(Collected data entries)
····················
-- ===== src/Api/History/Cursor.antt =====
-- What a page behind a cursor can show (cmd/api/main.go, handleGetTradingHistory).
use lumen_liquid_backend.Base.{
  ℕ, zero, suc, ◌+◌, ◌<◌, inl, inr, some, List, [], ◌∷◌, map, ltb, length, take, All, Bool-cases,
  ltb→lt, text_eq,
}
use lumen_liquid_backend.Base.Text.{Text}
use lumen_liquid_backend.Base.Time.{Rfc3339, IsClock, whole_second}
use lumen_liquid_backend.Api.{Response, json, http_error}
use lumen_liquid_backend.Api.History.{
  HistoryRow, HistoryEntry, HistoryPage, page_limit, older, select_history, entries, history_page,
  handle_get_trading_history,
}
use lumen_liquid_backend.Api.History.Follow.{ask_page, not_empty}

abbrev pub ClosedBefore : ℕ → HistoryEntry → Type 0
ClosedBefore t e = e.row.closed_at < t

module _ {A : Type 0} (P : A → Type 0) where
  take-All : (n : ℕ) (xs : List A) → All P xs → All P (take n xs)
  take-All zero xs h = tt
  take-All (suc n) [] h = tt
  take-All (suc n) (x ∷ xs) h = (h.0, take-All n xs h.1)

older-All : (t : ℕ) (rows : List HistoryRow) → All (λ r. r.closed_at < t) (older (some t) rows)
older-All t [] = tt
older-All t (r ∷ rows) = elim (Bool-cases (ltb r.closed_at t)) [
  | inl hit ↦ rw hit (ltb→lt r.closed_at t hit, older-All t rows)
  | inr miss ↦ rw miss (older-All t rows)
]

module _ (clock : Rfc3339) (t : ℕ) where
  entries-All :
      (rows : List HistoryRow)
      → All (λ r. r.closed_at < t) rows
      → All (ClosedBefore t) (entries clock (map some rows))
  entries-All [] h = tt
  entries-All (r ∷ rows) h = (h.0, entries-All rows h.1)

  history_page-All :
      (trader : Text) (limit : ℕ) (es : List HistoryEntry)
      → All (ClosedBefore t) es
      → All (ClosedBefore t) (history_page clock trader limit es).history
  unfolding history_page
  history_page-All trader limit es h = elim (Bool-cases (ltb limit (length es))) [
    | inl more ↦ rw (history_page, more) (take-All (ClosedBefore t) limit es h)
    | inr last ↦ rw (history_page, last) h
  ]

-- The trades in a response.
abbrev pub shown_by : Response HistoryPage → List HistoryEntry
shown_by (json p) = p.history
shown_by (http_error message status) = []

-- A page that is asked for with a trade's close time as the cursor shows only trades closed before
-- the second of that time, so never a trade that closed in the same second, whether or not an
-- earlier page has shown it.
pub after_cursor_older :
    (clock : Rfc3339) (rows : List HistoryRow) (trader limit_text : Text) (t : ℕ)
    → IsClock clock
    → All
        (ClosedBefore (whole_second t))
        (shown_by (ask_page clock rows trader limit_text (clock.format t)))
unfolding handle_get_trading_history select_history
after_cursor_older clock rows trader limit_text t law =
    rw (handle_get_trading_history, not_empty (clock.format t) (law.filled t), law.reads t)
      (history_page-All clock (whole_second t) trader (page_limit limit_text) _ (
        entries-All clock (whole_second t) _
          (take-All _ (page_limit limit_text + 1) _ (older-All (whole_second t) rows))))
····················
=== TASK TO COMPLETE ===
Among the entries, copy every line containing the word "where".

=== SOLUTION TO THE PROBLEM ===
module _ {A : Type 0} (P : A → Type 0) where
module _ (clock : Rfc3339) (t : ℕ) where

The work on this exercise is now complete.